▶ Your objective: If a line in the entries below includes "ErrorKind", pick it out and copy it.

#### Materials provided ####

-- ===== src/Trading.antt =====
-- Loop A of app/loops with the trading service and the tables that they write
-- (app/services/trading_service.py, app/repositories/ordering.py). The database is outside: opening
-- a session, a commit or a refresh may raise, and what was committed stays in the tables.
pub mod Execute
pub mod Monitor
pub mod Cycle
pub mod Keeps
pub mod Rows
pub mod Steady
pub mod Backed
pub mod Steps
pub mod Queue
pub mod Counts
use haru_trade_manager.Common.{
  ℕ, String, Option, none, some, List, [], ◌∷◌, ◌++◌, map, Act, Outcome, ok, raised, Failure,
  ErrorKind, sql_error, key_error, pure, throw, ◌>>=◌, ◌>>◌, catch, if◌then◌else◌, ◌==◌, fstring,
  show, Double, Bool, true, false,
}
use haru_trade_manager.Domain.{Datetime, Signal}
use haru_trade_manager.Orders.Position.{PositionRow, PositionState, open_state, Transition, apply}
use haru_trade_manager.Runtime.{beside}

pub record SignalRow (F : Type 0) : Type 0 where
  pub id : ℕ
  pub ticker : String
  pub strategy_id : String
  pub timeframe : String
  pub side : String
  pub signal_price : F
  pub signal_time : Datetime
  pub status : String

pub record OrderRow (F : Type 0) : Type 0 where
  pub id : ℕ
  pub signal_id : Option ℕ
  pub external_order_id : Option String
  pub ticker : String
  pub side : String
  pub order_type : String
  pub price : Option F
  pub quantity : F
  pub filled_quantity : F
  pub status : String
  pub reason : Option String

-- A row of the positions; `row` holds the columns that a transition writes.
pub record Position (F : Type 0) : Type 0 where
  pub id : ℕ
  pub order_id : Option ℕ
  pub ticker : String
  pub strategy_id : String
  pub entry_price : F
  pub stop_price : F
  pub take_profit_price : F
  pub quantity : F
  pub entry_time : Datetime
  pub row : PositionRow F

-- The queue of loop A, and the tables.
pub record Desk (F : Type 0) : Type 0 where
  pub queue : List (Signal F)
  pub signals : List (SignalRow F)
  pub orders : List (OrderRow F)
  pub positions : List (Position F)

-- The database and the clock, as far as the code calls them.
pub record Database (G : Type 0) : Type 0 where
  pub connect : Act G (Unit {0})
  pub select : Act G (Unit {0})
  pub commit : Act G (Unit {0})
  pub refresh : Act G (Unit {0})
  pub new_id : G → ℕ
  pub now : G → Datetime

abbrev pub if_sql : {W A : Type 0} → ErrorKind → Act W A → Failure → Act W A
if_sql sql_error rescue exc = rescue
if_sql _ rescue exc = throw exc

-- `except SQLAlchemyError as exc`: other exceptions go on.
abbrev pub only_sql : {W A : Type 0} → (Failure → Act W A) → Failure → Act W A
only_sql handler exc = if_sql exc.kind (handler exc) exc

module _ {F : Type 0} where
  abbrev pub add_signal : SignalRow F → Desk F → Desk F
  add_signal row desk = record desk { signals = desk.signals ++ row ∷ [] }

  abbrev pub add_order : OrderRow F → Desk F → Desk F
  add_order row desk = record desk { orders = desk.orders ++ row ∷ [] }

  abbrev pub add_position : Position F → Desk F → Desk F
  add_position p desk = record desk { positions = desk.positions ++ p ∷ [] }

  -- `db.get(Position, position_id)`
  find_position : ℕ → List (Position F) → Option (Position F)
  find_position id [] = none
  find_position id (p ∷ rows) =
      let found = find_position id rows in if p.id == id then some p else found

  abbrev pub set_row : ℕ → PositionRow F → List (Position F) → List (Position F)
  set_row id row = map λ p. if p.id == id then record p { row = row } else p

module _ {F G : Type 0} ⦃d : Double F⦄ (db : Database G) where
  -- The commit is through: the change is kept, and the row is read back.
  unfoldable pub keep_change : {A : Type 0} → A → (Desk F → Desk F) → Act (G × Desk F) A
  keep_change a change (g, desk) = (beside db.refresh >> pure a) (g, change desk)

  -- `db.add(row)`, `db.commit()`, `db.refresh(row)`
  unfoldable pub save : {A : Type 0} → A → (Desk F → Desk F) → Act (G × Desk F) A
  unfolding keep_change
  save a change = beside db.commit >> keep_change a change

  abbrev pub new_id : Act (G × Desk F) ℕ
  new_id (g, desk) = (ok (db.new_id g), (g, desk))

  abbrev pub time : Act (G × Desk F) Datetime
  time (g, desk) = (ok (db.now g), (g, desk))

  unfoldable pub create_signal : SignalRow F → Act (G × Desk F) (SignalRow F)
  unfolding save
  create_signal fields = do
    id ← new_id
    save (record fields { id = id }) (add_signal (record fields { id = id }))

  unfoldable pub create_order : OrderRow F → Act (G × Desk F) (OrderRow F)
  unfolding save
  create_order fields = do
    id ← new_id
    save (record fields { id = id }) (add_order (record fields { id = id }))

  unfoldable pub open_position : Position F → Act (G × Desk F) (Position F)
  unfolding save
  open_position fields = do
    id ← new_id
    save (record fields { id = id }) (add_position (record fields { id = id }))

  -- The row that was found is changed, and committed.
  apply_to : ℕ → Transition F → Option (Position F) → Act (G × Desk F) (PositionRow F)
  unfolding save
  apply_to id t none =
      throw (record { kind = key_error; text = fstring ("position not found: " ∷ show id ∷ []) })
  apply_to id t (some p) = do
    now ← time
    save (apply now t p.row)
        (λ desk. record desk { positions = set_row id (apply now t p.row) desk.positions })

  unfoldable pub apply_transition : ℕ → Transition F → Act (G × Desk F) (PositionRow F)
  unfolding apply_to find_position
  apply_transition id t (g, desk) = apply_to id t (find_position id desk.positions) (g, desk)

####

▶ Exercise answer:
  ErrorKind, sql_error, key_error, pure, throw, ◌>>=◌, ◌>>◌, catch, if◌then◌else◌, ◌==◌, fstring,
abbrev pub if_sql : {W A : Type 0} → ErrorKind → Act W A → Failure → Act W A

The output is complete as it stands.